European finance ministers have spent the past three weekends locked in talks on how to rescue Ireland and stop the region’s debt turmoil from engulfing Spain. With Spanish bonds plunging the most in at least 11 years on Nov. 30, the government is rolling out new deficit-cutting steps just one week after saying they wouldn’t be needed.

Spain’s Cabinet yesterday raised tax on tobacco and set a date for a pension overhaul, two days after saying it plans to raise about 14 billion euros ($18.4 billion) from selling stakes in the airport operator and lottery company.

“Time has run out; we have been talking for months,” Deputy Prime Minister Alfredo Perez Rubalcaba told reporters, referring to the pension plan. “We are going to work even harder to reach agreements.”

Euro region finance ministers are scheduled to meet in Brussels on Dec. 6 for a regular meeting.

Market Rout

A market rout in the aftermath of Ireland’s bailout forced Trichet’s ECB into a new wave of bond purchases this week. The extra yield that investors demand to hold Portuguese 10-year bonds over German bunds yesterday fell below 300 basis points for the first time since August. Ireland’s 10-year yield plunged 30 basis points to 8.2 percent yesterday and the Spanish 10-year yield, which hit 5.67 percent on Nov. 30, closed at 5.1 percent.

The latest round of the crisis is forcing leaders once more to assert their support for the euro.

Trichet said he discussed “an overview of the euro zone,” including its economy, at a meeting with French President Nicolas Sarkozy in Paris yesterday. Sarkozy said the euro was credible and had become “the second global reserve currency,” the government said in a statement.

“The German government stands behind the euro,” German Chancellor Angela Merkel said yesterday in Bayreuth, Germany. “It is fighting for a stable euro and will do everything within its power” to push other EU countries toward embracing a “culture of stability” in their public finances.

Options

Options for EU leaders should the crisis worsen include boosting their 750 billion-euro ($992 billion) temporary rescue fund or turning it into an asset-buying program, cutting interest rates on bailout loans or issuing joint bonds for the 16 euro nations.
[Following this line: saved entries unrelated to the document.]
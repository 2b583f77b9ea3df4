-- ===== src/Slave/Getwork/Honest.antt =====
-- An honest share of a getwork miner is accepted.
use xelis_pool.Common.{
  if-false, ℕ, ◌+◌, ◌*◌, ◌%◌, ◌^◌, ◌≤◌, ◌≡◌, ◌≢◌, ◌∙◌, refl, ap, Bool, true, false, ◌&&◌, ◌||◌, not,
  some, List, [], ◌∷◌, length, arith, ◌==◌, if◌then◌else◌,
}
use xelis_pool.Common.Bytes.{Bytes, IsBytes, IsU64}
use xelis_pool.Common.Text.{remove_port}
use xelis_pool.Common.Hex.{encode_hex, decode_hex-encode_hex}
use xelis_pool.RateLimit.{Limiter, can_do_action}
use xelis_pool.Pow.BlockMiner.{set_extra_nonce, get_timestamp}
use xelis_pool.Pow.BlockMiner.Fields.{IsBlock}
use xelis_pool.Pow.Algorithm.{convert_algorithm_to_getwork}
use xelis_pool.Slave.Submit.{Job, Miner, accepted, blank_id, check_submit}
use xelis_pool.Slave.Jobs.{gen_extra_nonce, send_job, send_job_getwork}
use xelis_pool.Slave.Jobs.Blobs.{mined, mined_fields, xatum_blob_fields}
use xelis_pool.Slave.Jobs.Honest.{send_job_accepted}
use xelis_pool.Slave.Packet.{Decoder, MemJob, JobToSend, Handled, Reply, kicks, checked, on_share}
use xelis_pool.Slave.Packet.Accepted.{handle_conn_packet-submit, check_submit-locked}
use xelis_pool.Slave.Getwork.{
  Field, text, Json, Message, block_accepted, block_rejected, accepts, running, miner_work,
  miner_blob, GetworkConn, Turn, turn, with_miner, send_getwork, resend, answered, on_blob,
  ws_message,
}
use xelis_pool.Xatum.{get_next_diff}
use xelis_pool.Master.Float.{Float}

miner_blob-encode_hex :
    (bm : Bytes) → IsBytes bm → IsBlock bm → miner_blob (encode_hex bm) ≡ some bm
unfolding miner_blob
miner_blob-encode_hex bm bytes size =
    rw (decode_hex-encode_hex bm bytes, miner_blob) (ground (arith, size))

send_job_getwork-known :
    (next : ℕ) (random pool_nonce : Bytes) (diff : ℕ) (blob algorithm name : Bytes) (s : Miner)
    → convert_algorithm_to_getwork algorithm ≡ some name
    → let (s', job) = send_job next random pool_nonce diff blob s in
      send_job_getwork next random pool_nonce diff blob algorithm s
      ≡ (s', some (record { difficulty = job.diff; miner_work = job.blob; algorithm = name }))
unfolding send_job_getwork
send_job_getwork-known next random pool_nonce diff blob algorithm name s e =
    rw (e, send_job_getwork) refl

mined-IsBlock :
    (next diff t n : ℕ) (random pool_nonce blob : Bytes) (s : Miner)
    → length random ≡ 16
    → length pool_nonce ≡ 8
    → IsBlock blob
    → IsU64 t
    → IsU64 n
    → IsBlock (mined t n (send_job next random pool_nonce diff blob s).1.blob)
unfolding send_job
mined-IsBlock next diff t n random pool_nonce blob s hr hp hb ht hn =
    let jb = set_extra_nonce (gen_extra_nonce random pool_nonce) blob in
    let (size, id, pool, time) = xatum_blob_fields random pool_nonce hr hp blob hb jb refl in
    (mined_fields t n jb size ht hn).0.block

module _ (float : Float) (min_difficulty : ℕ) (pool_nonce : Bytes) (json : Json) (decoder : Decoder)
    (is_valid : Bytes → Bool) (last : MemJob) (first_algorithm : Bytes) (now now_ms : ℕ)
    (late : JobToSend) (seconds : float.F) (random : Bytes) where
  open float use {F, to_ℕ}

  -- The miner is told first that its block was accepted, and the handler goes on.
  abbrev pub IsAccepted : Turn float → Type 0
  IsAccepted t = (t.status ≡ running) × (more : List Message) × (t.sent ≡ block_accepted ∷ more)

  -- JSON encodes and decodes a submit packet without a hash.
  abbrev pub RoundTrip : Type 0
  RoundTrip =
      (bm : Bytes)
      → (body : Bytes) × (json.submit_data bm ≡ some body)
        × (decoder.submit body ≡ some (record { block = bm; hash = [] }))

  answered-accepted :
      (written : Bool) (c : GetworkConn float) (r : Handled float) (j : Job) (bm : Bytes)
      → r.client.miner.locked ≡ false
      → r.reply ≡ checked (accepted j bm)
      → IsAccepted (
          answered float min_difficulty pool_nonce json decoder is_valid last first_algorithm now
            now_ms late seconds random written c r)
  answered-accepted written c r j bm free reply =
      let kept : GetworkConn float = record c {
        client = r.client;
        connected = c.connected && not (kicks r.reply || not written);
      } in
      let again =
        resend float min_difficulty pool_nonce json decoder is_valid last first_algorithm now now_ms
          late seconds random kept in
      let eq : answered float min_difficulty pool_nonce json decoder is_valid last first_algorithm
            now now_ms late seconds random written c r
          ≡ turn float again.0 r.limiter (block_accepted ∷ again.1) running =
        unfold answered in
        (if-false _ _ free
          ∙ ap
              (λ (p : Reply).
                turn float again.0 r.limiter
                  ((if accepts float min_difficulty pool_nonce json decoder is_valid last
                        first_algorithm now now_ms late p
                      then block_accepted
                      else block_rejected)
                    ∷ again.1)
                  running)
              reply) in
      rw eq (refl, again.1, refl)

  on_blob-accepted :
      (received : ℕ) (written : Bool) (bm bm' : Bytes) (j : Job) (l : Limiter)
      (c : GetworkConn float)
      → RoundTrip
      → (received == 1) ≡ false
      → c.client.miner.locked ≡ false
      → (can_do_action (remove_port c.ip) 1 now l).1 ≡ true
      → (check_submit now_ms pool_nonce blank_id bm c.client.miner).1 ≡ accepted j bm'
      → IsAccepted (
          on_blob float min_difficulty pool_nonce json decoder is_valid last first_algorithm now
            now_ms late seconds random received written bm l c)
  unfolding on_blob
  on_blob-accepted received written bm bm' j l c trip later free allowed passes =
      let (body, encoded, decoded) = trip bm in
      rw (encoded, on_blob)
        (rw
          (handle_conn_packet-submit float decoder is_valid min_difficulty last now now_ms
            (remove_port c.ip) pool_nonce blank_id received body (record { block = bm; hash = [] })
            l c.client later decoded allowed)
          (answered-accepted written c
            (on_share float decoder is_valid min_difficulty last now now_ms (remove_port c.ip)
              pool_nonce blank_id (record { block = bm; hash = [] })
              (can_do_action (remove_port c.ip) 1 now l).0 c.client)
            j bm'
            (unfold on_share in
              check_submit-locked now_ms pool_nonce blank_id bm bm' c.client.miner j passes ∙ free)
            (unfold on_share in ap checked passes)))

  -- The difficulty of the next job.
  abbrev pub next_of : GetworkConn float → ℕ
  next_of c = to_ℕ (get_next_diff float min_difficulty seconds c.client.next_diff)

  sent_conn :
      (block_diff : ℕ) (blob algorithm name : Bytes) (c : GetworkConn float)
      → convert_algorithm_to_getwork algorithm ≡ some name
      → (send_getwork float min_difficulty pool_nonce seconds random block_diff blob algorithm c).0
        ≡ with_miner float c
            (send_job (next_of c) random pool_nonce block_diff blob c.client.miner).0
  unfolding send_getwork
  sent_conn block_diff blob algorithm name c e =
      let k =
        send_job_getwork-known (next_of c) random pool_nonce block_diff blob algorithm name
          c.client.miner e in
      rw (k, send_getwork) (ap (λ r. with_miner float c r.0) k)

  send_job-locked :
      (next block_diff : ℕ) (blob : Bytes) (c : GetworkConn float)
      → (send_job next random pool_nonce block_diff blob c.client.miner).0.locked
        ≡ c.client.miner.locked
  unfolding send_job
  send_job-locked next block_diff blob c = refl

  -- An honest getwork share is accepted: after a job of a known algorithm was sent to a connection that
  -- does not hold its mutex, a message with the block of that job, its timestamp and its nonce filled in, is
  -- answered with "block_accepted", first thing, and the handler goes on. The block of the job has 112 bytes, the new
  -- timestamp lies between the job's and ten seconds after the clock, and both values are uint64; the random id has 16
  -- bytes and is not zero, the pool nonce has 8; the connection's IP may submit; the message is not
  -- the first that is counted; and JSON decodes what it encoded.
  pub ws_message-IsAccepted :
      (received block_diff t n : ℕ) (blob algorithm name message : Bytes) (template : Field)
      (written : Bool) (l : Limiter) (c : GetworkConn float)
      → let bm =
          mined t n
            (send_job (next_of c) random pool_nonce block_diff blob c.client.miner).1.blob in
        RoundTrip
        → (received == 1) ≡ false
        → c.client.miner.locked ≡ false
        → (can_do_action (remove_port c.ip) 1 now l).1 ≡ true
        → convert_algorithm_to_getwork algorithm ≡ some name
        → json.fields message ≡ (text (encode_hex bm), template)
        → IsBytes bm
        → length random ≡ 16
        → length pool_nonce ≡ 8
        → IsBlock blob
        → random ≢ blank_id
        → IsU64 t
        → IsU64 n
        → get_timestamp blob ≤ t
        → t ≤ (now_ms + 10 * 1000) % 2 ^ 64
        → IsAccepted (
            ws_message float min_difficulty pool_nonce json decoder is_valid last first_algorithm
              now now_ms late seconds random received
              (some message)
              written
              l
              (send_getwork float min_difficulty pool_nonce seconds random block_diff blob algorithm
                c).0)
  unfolding ws_message miner_work
  ws_message-IsAccepted received block_diff t n blob algorithm name message template written l c
        trip later free allowed known fields bytes size pool block fresh ht hn past soon =
      let bm =
        mined t n (send_job (next_of c) random pool_nonce block_diff blob c.client.miner).1.blob in
      let (job, passes, diff, chain) =
        send_job_accepted now_ms (next_of c) block_diff t n random pool_nonce blob c.client.miner
          size pool block fresh ht hn past soon in
      rw (sent_conn block_diff blob algorithm name c known) (
        rw (fields, ws_message)
          (rw
            (
              miner_blob-encode_hex bm bytes (
                  mined-IsBlock (next_of c) block_diff t n random pool_nonce blob c.client.miner
                    size pool block ht hn),
              ws_message,
            )
            (on_blob-accepted received written bm bm job l
              (with_miner float c
                (send_job (next_of c) random pool_nonce block_diff blob c.client.miner).0)
              trip later (send_job-locked (next_of c) block_diff blob c ∙ free) allowed passes)))
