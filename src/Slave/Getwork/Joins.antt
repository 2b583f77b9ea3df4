-- ===== src/Slave/Getwork/Joins.antt =====
-- The connections that the getwork server counts: a request that is refused behind the count stays
-- counted.
use xelis_pool.Common.{
  ℕ, ◌+◌, ◌*◌, ◌%◌, ◌^◌, ◌≤◌, ◌<◌, ◌≡◌, ◌∙◌, ◌⊎◌, refl, Bool, false, inl, inr, List, [], ◌∷◌,
  length, arith, All,
}
use xelis_pool.Common.Bytes.{Bytes, =?_refl}
use xelis_pool.Common.Assoc.{lookup_or-insert}
use xelis_pool.RateLimit.{Limiter, conns_of, can_connect, max_connections_per_ip}
use xelis_pool.Slave.Getwork.{too_many, parse_path, Served, join}
use xelis_pool.Master.Float.{Float}

module _ (float : Float) (is_valid : Bytes → Bool) (min_difficulty : ℕ) (ip : Bytes) where
  -- A request that is refused for its address.
  abbrev pub IsRefused : Bytes → Type 0
  IsRefused addr = (length addr < 5) ⊎ (is_valid (parse_path min_difficulty addr).0 ≡ false)

  -- Requests from the IP, each with its time, one after the other.
  unfoldable pub join_all : List (ℕ × Bytes) → Limiter → Served float → Limiter × Served float
  unfolding join
  join_all [] l s = (l, s)
  join_all ((now, addr) ∷ rs) l s =
      let (next, out) = join float is_valid min_difficulty now (now * 1000) ip addr l s in
      join_all rs next.0 next.1

  join-refused :
      (now now_ms : ℕ) (addr : Bytes) (l : Limiter) (s : Served float)
      → IsRefused addr
      → conns_of ip s.open_conns ≤ max_connections_per_ip
      → let s' = (join float is_valid min_difficulty now now_ms ip addr l s).0.1 in
        (s'.conns ≡ s.conns) × (conns_of ip s'.open_conns ≡ conns_of ip s.open_conns + 1)
  unfolding join can_connect
  join-refused now now_ms addr l s (inl h) room = ground (
    arith,
    lookup_or-insert 0 ip ip ((conns_of ip s.open_conns + 1) % 2 ^ 32) s.open_conns,
    =?_refl ip,
  )
  join-refused now now_ms addr l s (inr h) room = ground (
    arith,
    lookup_or-insert 0 ip ip ((conns_of ip s.open_conns + 1) % 2 ^ 32) s.open_conns,
    =?_refl ip,
  )

  joins_counted :
      (rs : List (ℕ × Bytes)) (l : Limiter) (s : Served float)
      → All (λ r. IsRefused r.1) rs
      → conns_of ip s.open_conns + length rs ≤ max_connections_per_ip + 1
      → let s' = (join_all rs l s).1 in
        (s'.conns ≡ s.conns) × (conns_of ip s'.open_conns ≡ conns_of ip s.open_conns + length rs)
  unfolding join_all
  joins_counted [] l s h room = (refl, omega arith)
  joins_counted ((now, addr) ∷ rs) l s (h, hs) room =
      let (same, one) = join-refused now (now * 1000) addr l s h (omega (arith, room)) in
      let next = (join float is_valid min_difficulty now (now * 1000) ip addr l s).0 in
      let (same', all) = joins_counted rs next.0 next.1 hs (omega (arith, one, room)) in
      (same' ∙ same, omega (arith, one, all))

  join-full :
      (now now_ms : ℕ) (addr : Bytes) (l : Limiter) (s : Served float)
      → max_connections_per_ip < conns_of ip s.open_conns
      → join float is_valid min_difficulty now now_ms ip addr l s ≡ ((l, s), too_many)
  unfolding join can_connect
  join-full now now_ms addr l s full = ground arith

  -- 101 requests with an address that is too short or not valid lock their IP out: from an IP that
  -- has no connection counted they list none, and yet every later request from it is refused for
  -- too many connections, and changes nothing.
  pub joins_lock_out :
      (rs : List (ℕ × Bytes)) (l : Limiter) (s : Served float)
      → All (λ r. IsRefused r.1) rs
      → length rs ≡ max_connections_per_ip + 1
      → conns_of ip s.open_conns ≡ 0
      → let r = join_all rs l s in
        (r.1.conns ≡ s.conns)
        × ((now now_ms : ℕ) (addr : Bytes) (l' : Limiter)
            → join float is_valid min_difficulty now now_ms ip addr l' r.1 ≡ ((l', r.1), too_many))
  joins_lock_out rs l s h many fresh =
      let (same, count) = joins_counted rs l s h (omega (arith, many, fresh)) in
      (
        same,
        λ now now_ms addr l'.
            join-full now now_ms addr l' (join_all rs l s).1 (omega (arith, count, many, fresh)),
      )
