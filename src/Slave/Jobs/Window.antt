-- ===== src/Slave/Jobs/Window.antt =====
-- A miner's jobs are the newest of those that were added.
use xelis_pool.Common.{
  ℕ, ◌⊎◌, ◌+◌, ◌-◌, ◌≤◌, ◌<◌, ◌≡◌, ◌∙◌, refl, ap, sym, List, [], ◌∷◌, ◌++◌, length, drop, arith,
  length-append, length-drop, append_assoc, drop-drop, ltb, Bool-cases, inl, inr, append-nil,
}
use xelis_pool.Common.Newest.{newest, drop-append_le}
use xelis_pool.Common.Bytes.{Bytes}
use xelis_pool.Slave.Submit.{Job}
use xelis_pool.Slave.Jobs.{max_past_jobs, no_job, add_job, authorized_jobs, last_job, new_job}
use mathlib.Core.Path.{subst}

-- A job is sent to a miner, or a Stratum miner authorizes with a difficulty.
pub data Change : Type 0 where
  sent : Job → Change
  authorizes : ℕ → Change

-- The jobs after some changes, in order.
unfoldable pub jobs_after : List Change → List Job → List Job
jobs_after [] js = js
jobs_after (sent j ∷ cs) js = jobs_after cs (add_job j js)
jobs_after (authorizes diff ∷ cs) js = jobs_after cs (authorized_jobs diff js)

-- What was ever added, and the number of authorizations.
abbrev pub history : List Change → List Job
history [] = []
history (sent j ∷ cs) = j ∷ history cs
history (authorizes diff ∷ cs) = record no_job { diff = diff } ∷ history cs

abbrev pub authorizations : List Change → ℕ
authorizations [] = 0
authorizations (sent j ∷ cs) = authorizations cs
authorizations (authorizes diff ∷ cs) = 1 + authorizations cs

-- All but the first `n` jobs seen are kept, none is dropped from six or fewer, and `k` more than
-- six are kept at most.
abbrev IsWindow : ℕ → List Job → ℕ → List Job → Type 0
IsWindow n seen k js =
    (js ≡ drop n seen)
    × (n ≤ length seen)
    × (length js ≤ max_past_jobs + k)
    × ((n ≡ 0) ⊎ (max_past_jobs ≤ length js))

appended :
    (n : ℕ) (seen js : List Job) (j : Job)
    → js ≡ drop n seen
    → n ≤ length seen
    → js ++ (j ∷ []) ≡ drop n (seen ++ (j ∷ []))
appended n seen js j e h = ap (λ l. l ++ (j ∷ [])) e ∙ sym (drop-append_le n seen (j ∷ []) h)

add_job-IsWindow :
    (j : Job) (n : ℕ) (seen : List Job) (k : ℕ) (js : List Job)
    → IsWindow n seen k js
    → (m : ℕ) × IsWindow m (seen ++ (j ∷ [])) k (add_job j js)
unfolding add_job
add_job-IsWindow j n seen k js (e, inside, most, least) =
    let all = js ++ (j ∷ []) in
    let size : length all ≡ length js + 1 = length-append js (j ∷ []) in
    let whole : length (seen ++ (j ∷ [])) ≡ length seen + 1 = length-append seen (j ∷ []) in
    elim (Bool-cases (ltb 6 (length all))) [
      | inl full ↦
          let long : 6 < length all = ground (arith, full) in
          let cut : length (drop 1 all) ≡ length all - 1 = length-drop 1 all in
          (
            n + 1,
            rw full (
              ap (drop 1) (appended n seen js j e inside)
                  ∙ sym (drop-drop 1 n (seen ++ (j ∷ [])))
                  ∙ ap (λ i. drop i (seen ++ (j ∷ []))) (omega arith),
              omega (arith, whole, inside),
              omega (arith, cut, size, most),
              inr (omega (arith, cut, size, long)),
            ),
          )
      | inr room ↦
          let short : length all ≤ 6 = ground (arith, room) in
          (
            n,
            rw room (
              appended n seen js j e inside,
              omega (arith, whole, inside),
              omega (arith, size, short),
              elim least [ inl z ↦ inl z | inr many ↦ absurd (omega (arith, many, size, short)) ],
            ),
          )
    ]

authorized_jobs-IsWindow :
    (diff n : ℕ) (seen : List Job) (k : ℕ) (js : List Job)
    → IsWindow n seen k js
    → IsWindow n (seen ++ (record no_job { diff = diff } ∷ [])) (k + 1) (authorized_jobs diff js)
unfolding authorized_jobs
authorized_jobs-IsWindow diff n seen k js (e, inside, most, least) =
    let one : List Job = record no_job { diff = diff } ∷ [] in
    let size : length (js ++ one) ≡ length js + 1 = length-append js one in
    let whole : length (seen ++ one) ≡ length seen + 1 = length-append seen one in
    (
      appended n seen js (record no_job { diff = diff }) e inside,
      omega (arith, whole, inside),
      omega (arith, size, most),
      elim least [ inl z ↦ inl z | inr many ↦ inr (omega (arith, many, size)) ],
    )

jobs_after-IsWindow :
    (cs : List Change) (n : ℕ) (seen : List Job) (k : ℕ) (js : List Job)
    → IsWindow n seen k js
    → (m : ℕ) × IsWindow m (seen ++ history cs) (k + authorizations cs) (jobs_after cs js)
unfolding jobs_after
jobs_after-IsWindow [] n seen k js h =
    (n, rw (append-nil seen) (subst (λ i. IsWindow n seen i js) (omega arith) h))
jobs_after-IsWindow (sent j ∷ cs) n seen k js h =
    let (m, h') = add_job-IsWindow j n seen k js h in
    let (o, h'') = jobs_after-IsWindow cs m (seen ++ (j ∷ [])) k (add_job j js) h' in
    (
      o,
      subst (λ l. IsWindow o l (k + authorizations cs) (jobs_after cs (add_job j js)))
          (append_assoc seen (j ∷ []) (history cs)) h'',
    )
jobs_after-IsWindow (authorizes diff ∷ cs) n seen k js h =
    let one : List Job = record no_job { diff = diff } ∷ [] in
    let (o, h'') =
      jobs_after-IsWindow cs n (seen ++ one) (k + 1) (authorized_jobs diff js)
        (authorized_jobs-IsWindow diff n seen k js h) in
    (
      o,
      subst
          (λ i.
            IsWindow o (seen ++ (record no_job { diff = diff } ∷ history cs)) i
              (jobs_after cs (authorized_jobs diff js)))
          (omega arith)
          (subst
            (λ l.
              IsWindow o l (k + 1 + authorizations cs) (jobs_after cs (authorized_jobs diff js)))
            (append_assoc seen one (history cs)) h''),
    )

-- The jobs of a miner, from none on, over the jobs that are sent to it and its authorizations, each
-- of which adds one that is not sent: they are the newest of all that was added, in order; all of
-- it, or MAX_PAST_JOBS at least; and MAX_PAST_JOBS and one more for each authorization at most.
pub jobs_after-newest :
    (cs : List Change)
    → let js = jobs_after cs [] in
      (js ≡ newest (length js) (history cs))
      × ((js ≡ history cs) ⊎ (max_past_jobs ≤ length js))
      × (length js ≤ max_past_jobs + authorizations cs)
jobs_after-newest cs =
    let js = jobs_after cs [] in
    let (n, held) = jobs_after-IsWindow cs 0 [] 0 [] (refl, omega arith, omega arith, inl refl) in
    let (e, inside, most, least) = held in
    let size : length js ≡ length (history cs) - n = ap length e ∙ length-drop n (history cs) in
    (
      e ∙ ap (λ i. drop i (history cs)) (omega (arith, size, inside)),
      elim least [ inl z ↦ inl (e ∙ ap (λ i. drop i (history cs)) z) | inr many ↦ inr many ],
      omega (arith, most),
    )

last_job-append : (js : List Job) (j : Job) → last_job (js ++ (j ∷ [])) ≡ j
unfolding last_job
last_job-append [] j = refl
last_job-append (x ∷ []) j = refl
last_job-append (x ∷ y ∷ js) j = last_job-append (y ∷ js) j

last_job-drop : (js : List Job) (x j : Job) → last_job (drop 1 (x ∷ (js ++ (j ∷ [])))) ≡ j
last_job-drop js x j = last_job-append js j

-- A job that was added is the last one, and the jobs stay at most MAX_PAST_JOBS.
pub add_job_last :
    (j : Job) (js : List Job)
    → length js ≤ max_past_jobs
    → (last_job (add_job j js) ≡ j) × (length (add_job j js) ≤ max_past_jobs)
unfolding add_job
add_job_last j [] h = (unfold last_job in refl, omega arith)
add_job_last j (x ∷ js) h =
    ground (arith, last_job-append (x ∷ js) j, last_job-append js j, length-append js (j ∷ []))

-- The difficulty of a job that is sent is not above the chain's, and is the miner's next difficulty
-- where that is not above the chain's.
pub new_job_capped :
    (next_diff block_diff : ℕ) (blob : Bytes)
    → ((new_job next_diff block_diff blob).diff ≤ (new_job next_diff block_diff blob).chain_diff)
      × (next_diff ≤ block_diff → (new_job next_diff block_diff blob).diff ≡ next_diff)
unfolding new_job
new_job_capped next_diff block_diff blob = ground arith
Trichet himself is putting pressure on EU governments to increase their crisis-fighting arsenal, indicating yesterday that the emergency fund could be stocked up. Asked about the size of the cash pool yesterday, he said that “everything they do needs to be commensurate to dimension of the challenges.”

“This is true in all domains, qualitative as well as quantitative,” he said. “They must go as far as possible and be as effective as possible.”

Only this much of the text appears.